**Provided material**:
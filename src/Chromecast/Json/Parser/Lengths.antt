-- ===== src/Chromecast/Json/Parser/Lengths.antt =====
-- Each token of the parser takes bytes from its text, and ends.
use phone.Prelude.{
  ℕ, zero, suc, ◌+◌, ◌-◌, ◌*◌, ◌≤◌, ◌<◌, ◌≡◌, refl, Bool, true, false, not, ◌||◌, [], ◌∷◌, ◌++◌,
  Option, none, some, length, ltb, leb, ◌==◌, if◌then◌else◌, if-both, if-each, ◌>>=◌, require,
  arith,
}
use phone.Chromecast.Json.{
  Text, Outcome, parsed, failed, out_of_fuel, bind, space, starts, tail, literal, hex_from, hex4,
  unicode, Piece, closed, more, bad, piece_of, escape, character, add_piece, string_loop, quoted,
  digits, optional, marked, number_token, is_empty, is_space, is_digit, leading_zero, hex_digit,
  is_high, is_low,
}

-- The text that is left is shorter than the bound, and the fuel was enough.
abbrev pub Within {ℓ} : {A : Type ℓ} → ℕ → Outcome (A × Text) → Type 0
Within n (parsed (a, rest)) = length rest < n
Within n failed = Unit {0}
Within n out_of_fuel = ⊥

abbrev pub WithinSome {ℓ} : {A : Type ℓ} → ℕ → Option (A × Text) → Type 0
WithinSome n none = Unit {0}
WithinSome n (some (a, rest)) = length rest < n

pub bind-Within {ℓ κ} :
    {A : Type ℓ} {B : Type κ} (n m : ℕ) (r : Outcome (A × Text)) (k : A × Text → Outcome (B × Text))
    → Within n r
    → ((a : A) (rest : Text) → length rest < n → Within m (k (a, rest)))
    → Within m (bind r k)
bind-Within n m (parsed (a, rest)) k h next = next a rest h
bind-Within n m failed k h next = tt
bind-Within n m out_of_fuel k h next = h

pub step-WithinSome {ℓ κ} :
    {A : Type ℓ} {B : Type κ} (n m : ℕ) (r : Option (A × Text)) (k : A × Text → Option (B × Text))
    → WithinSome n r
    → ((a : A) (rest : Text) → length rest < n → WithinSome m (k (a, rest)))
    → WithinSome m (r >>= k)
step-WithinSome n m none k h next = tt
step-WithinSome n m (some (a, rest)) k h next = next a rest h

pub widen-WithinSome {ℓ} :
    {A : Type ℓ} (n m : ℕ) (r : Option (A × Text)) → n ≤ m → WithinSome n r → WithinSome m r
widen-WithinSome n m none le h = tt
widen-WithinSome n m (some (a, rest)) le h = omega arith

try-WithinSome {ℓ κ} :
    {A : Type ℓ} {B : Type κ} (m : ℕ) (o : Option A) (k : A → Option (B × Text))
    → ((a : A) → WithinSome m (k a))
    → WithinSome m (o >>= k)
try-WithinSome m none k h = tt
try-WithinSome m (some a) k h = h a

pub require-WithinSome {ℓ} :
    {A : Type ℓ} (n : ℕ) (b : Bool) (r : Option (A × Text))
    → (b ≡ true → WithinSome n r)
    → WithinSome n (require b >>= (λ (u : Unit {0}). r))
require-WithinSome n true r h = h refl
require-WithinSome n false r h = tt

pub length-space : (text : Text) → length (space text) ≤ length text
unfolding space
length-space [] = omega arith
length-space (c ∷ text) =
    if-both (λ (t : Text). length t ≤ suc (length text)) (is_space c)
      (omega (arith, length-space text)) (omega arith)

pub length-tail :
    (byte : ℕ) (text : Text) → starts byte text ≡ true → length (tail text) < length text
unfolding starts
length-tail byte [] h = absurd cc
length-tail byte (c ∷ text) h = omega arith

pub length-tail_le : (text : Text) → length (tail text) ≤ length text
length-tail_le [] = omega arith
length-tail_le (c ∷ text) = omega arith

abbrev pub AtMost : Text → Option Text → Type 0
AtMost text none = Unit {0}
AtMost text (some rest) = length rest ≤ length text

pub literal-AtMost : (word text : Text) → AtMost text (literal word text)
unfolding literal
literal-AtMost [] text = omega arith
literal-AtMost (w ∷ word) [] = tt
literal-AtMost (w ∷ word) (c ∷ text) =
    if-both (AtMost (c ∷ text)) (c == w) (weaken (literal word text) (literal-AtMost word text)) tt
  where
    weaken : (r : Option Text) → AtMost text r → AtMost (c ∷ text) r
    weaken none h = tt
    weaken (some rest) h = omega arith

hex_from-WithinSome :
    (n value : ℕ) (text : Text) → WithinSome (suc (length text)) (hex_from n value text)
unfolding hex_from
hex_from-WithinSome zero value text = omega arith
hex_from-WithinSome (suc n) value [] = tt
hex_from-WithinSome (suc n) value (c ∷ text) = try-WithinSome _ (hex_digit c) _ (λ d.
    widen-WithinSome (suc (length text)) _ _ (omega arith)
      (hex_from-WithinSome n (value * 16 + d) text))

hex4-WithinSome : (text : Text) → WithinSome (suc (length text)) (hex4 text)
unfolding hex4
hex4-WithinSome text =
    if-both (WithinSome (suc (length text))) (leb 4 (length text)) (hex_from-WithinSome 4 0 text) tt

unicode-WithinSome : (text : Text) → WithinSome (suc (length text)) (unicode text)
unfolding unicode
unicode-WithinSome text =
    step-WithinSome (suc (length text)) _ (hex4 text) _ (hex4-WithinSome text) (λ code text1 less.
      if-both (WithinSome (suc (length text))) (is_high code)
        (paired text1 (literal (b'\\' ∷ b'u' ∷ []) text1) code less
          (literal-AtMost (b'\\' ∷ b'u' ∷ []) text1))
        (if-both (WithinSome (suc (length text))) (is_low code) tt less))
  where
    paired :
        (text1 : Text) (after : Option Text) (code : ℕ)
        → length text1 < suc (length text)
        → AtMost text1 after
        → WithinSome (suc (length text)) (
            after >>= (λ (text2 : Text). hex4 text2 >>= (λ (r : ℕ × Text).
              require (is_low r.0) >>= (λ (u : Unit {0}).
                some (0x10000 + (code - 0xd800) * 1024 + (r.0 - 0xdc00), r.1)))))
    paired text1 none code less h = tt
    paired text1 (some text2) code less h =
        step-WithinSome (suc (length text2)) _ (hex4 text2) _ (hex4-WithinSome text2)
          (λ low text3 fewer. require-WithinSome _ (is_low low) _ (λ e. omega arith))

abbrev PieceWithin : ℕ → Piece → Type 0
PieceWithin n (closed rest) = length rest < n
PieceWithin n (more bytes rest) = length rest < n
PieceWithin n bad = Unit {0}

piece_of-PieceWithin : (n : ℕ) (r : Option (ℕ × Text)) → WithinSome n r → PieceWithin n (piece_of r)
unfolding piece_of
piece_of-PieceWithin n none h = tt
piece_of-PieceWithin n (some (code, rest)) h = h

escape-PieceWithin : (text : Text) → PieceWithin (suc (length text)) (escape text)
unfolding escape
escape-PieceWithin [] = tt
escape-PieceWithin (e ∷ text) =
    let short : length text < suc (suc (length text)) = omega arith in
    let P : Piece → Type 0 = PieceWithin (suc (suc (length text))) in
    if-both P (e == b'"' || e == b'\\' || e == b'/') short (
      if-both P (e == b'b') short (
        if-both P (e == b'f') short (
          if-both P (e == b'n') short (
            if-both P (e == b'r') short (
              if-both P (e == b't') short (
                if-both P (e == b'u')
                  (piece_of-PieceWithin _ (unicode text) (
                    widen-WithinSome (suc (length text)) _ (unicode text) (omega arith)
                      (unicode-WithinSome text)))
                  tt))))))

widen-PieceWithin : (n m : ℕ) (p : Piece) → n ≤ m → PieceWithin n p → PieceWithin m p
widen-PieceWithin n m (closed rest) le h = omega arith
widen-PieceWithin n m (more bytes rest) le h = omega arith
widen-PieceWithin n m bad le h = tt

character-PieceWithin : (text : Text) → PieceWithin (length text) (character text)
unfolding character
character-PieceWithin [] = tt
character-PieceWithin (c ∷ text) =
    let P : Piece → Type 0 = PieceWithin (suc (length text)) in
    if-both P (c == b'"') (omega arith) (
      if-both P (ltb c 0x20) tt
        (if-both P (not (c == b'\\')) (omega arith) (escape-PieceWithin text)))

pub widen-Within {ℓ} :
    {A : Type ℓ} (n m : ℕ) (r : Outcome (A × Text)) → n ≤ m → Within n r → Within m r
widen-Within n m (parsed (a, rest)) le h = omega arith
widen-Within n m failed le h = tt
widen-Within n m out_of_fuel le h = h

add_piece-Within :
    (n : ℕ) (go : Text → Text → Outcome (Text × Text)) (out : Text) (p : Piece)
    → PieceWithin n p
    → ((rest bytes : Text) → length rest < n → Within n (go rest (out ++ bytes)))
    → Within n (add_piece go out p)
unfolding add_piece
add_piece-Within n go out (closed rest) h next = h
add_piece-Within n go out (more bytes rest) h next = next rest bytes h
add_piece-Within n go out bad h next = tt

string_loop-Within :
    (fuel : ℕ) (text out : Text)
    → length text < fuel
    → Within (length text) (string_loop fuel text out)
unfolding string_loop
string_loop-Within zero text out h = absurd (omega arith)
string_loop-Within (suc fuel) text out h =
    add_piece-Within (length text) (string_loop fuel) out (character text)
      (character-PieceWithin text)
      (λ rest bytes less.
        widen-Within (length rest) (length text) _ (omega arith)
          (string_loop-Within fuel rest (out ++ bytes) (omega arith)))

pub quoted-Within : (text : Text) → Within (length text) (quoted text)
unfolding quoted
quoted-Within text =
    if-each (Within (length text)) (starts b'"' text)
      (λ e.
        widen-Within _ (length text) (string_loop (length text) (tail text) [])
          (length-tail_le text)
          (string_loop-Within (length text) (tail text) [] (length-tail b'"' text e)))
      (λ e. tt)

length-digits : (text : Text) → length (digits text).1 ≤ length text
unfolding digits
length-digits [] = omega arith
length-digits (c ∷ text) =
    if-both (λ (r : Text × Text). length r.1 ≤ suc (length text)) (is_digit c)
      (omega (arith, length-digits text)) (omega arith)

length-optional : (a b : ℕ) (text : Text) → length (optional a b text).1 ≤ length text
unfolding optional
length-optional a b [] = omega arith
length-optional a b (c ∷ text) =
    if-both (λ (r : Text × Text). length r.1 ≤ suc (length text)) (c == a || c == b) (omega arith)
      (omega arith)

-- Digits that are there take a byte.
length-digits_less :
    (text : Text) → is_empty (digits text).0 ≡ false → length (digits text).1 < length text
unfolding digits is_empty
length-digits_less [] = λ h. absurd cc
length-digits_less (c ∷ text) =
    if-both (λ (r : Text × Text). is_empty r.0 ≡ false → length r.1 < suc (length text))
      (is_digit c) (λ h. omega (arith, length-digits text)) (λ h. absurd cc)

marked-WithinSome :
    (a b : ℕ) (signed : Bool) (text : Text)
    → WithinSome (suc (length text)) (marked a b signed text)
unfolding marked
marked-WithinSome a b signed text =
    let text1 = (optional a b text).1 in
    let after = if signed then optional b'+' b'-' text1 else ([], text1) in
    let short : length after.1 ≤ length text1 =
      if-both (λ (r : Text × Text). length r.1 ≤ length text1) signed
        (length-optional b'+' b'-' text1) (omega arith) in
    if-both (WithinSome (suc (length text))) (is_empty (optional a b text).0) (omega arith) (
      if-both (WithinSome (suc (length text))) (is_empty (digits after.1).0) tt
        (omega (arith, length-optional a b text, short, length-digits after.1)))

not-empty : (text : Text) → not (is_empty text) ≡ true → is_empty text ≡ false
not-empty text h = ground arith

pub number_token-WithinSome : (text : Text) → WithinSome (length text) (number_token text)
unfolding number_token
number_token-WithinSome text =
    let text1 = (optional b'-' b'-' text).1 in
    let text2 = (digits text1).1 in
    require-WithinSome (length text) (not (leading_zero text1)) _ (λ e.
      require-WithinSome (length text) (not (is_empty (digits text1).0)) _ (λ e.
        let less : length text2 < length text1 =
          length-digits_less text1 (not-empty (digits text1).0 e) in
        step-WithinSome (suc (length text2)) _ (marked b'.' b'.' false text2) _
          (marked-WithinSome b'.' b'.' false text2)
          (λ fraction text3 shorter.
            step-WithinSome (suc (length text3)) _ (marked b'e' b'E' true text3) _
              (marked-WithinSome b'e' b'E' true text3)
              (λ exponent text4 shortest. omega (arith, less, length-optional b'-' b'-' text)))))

**Problem to work on**: Write out exactly the lines from the start of the material through the line with "-- The text". No other output is expected.

**Reply to the exercise**:
filename src/Chromecast/Json/Parser/Lengths.antt
-- ===== src/Chromecast/Json/Parser/Lengths.antt =====
-- Each token of the parser takes bytes from its text, and ends.
use phone.Prelude.{
  ℕ, zero, suc, ◌+◌, ◌-◌, ◌*◌, ◌≤◌, ◌<◌, ◌≡◌, refl, Bool, true, false, not, ◌||◌, [], ◌∷◌, ◌++◌,
  Option, none, some, length, ltb, leb, ◌==◌, if◌then◌else◌, if-both, if-each, ◌>>=◌, require,
  arith,
}
use phone.Chromecast.Json.{
  Text, Outcome, parsed, failed, out_of_fuel, bind, space, starts, tail, literal, hex_from, hex4,
  unicode, Piece, closed, more, bad, piece_of, escape, character, add_piece, string_loop, quoted,
  digits, optional, marked, number_token, is_empty, is_space, is_digit, leading_zero, hex_digit,
  is_high, is_low,
}

-- The text that is left is shorter than the bound, and the fuel was enough.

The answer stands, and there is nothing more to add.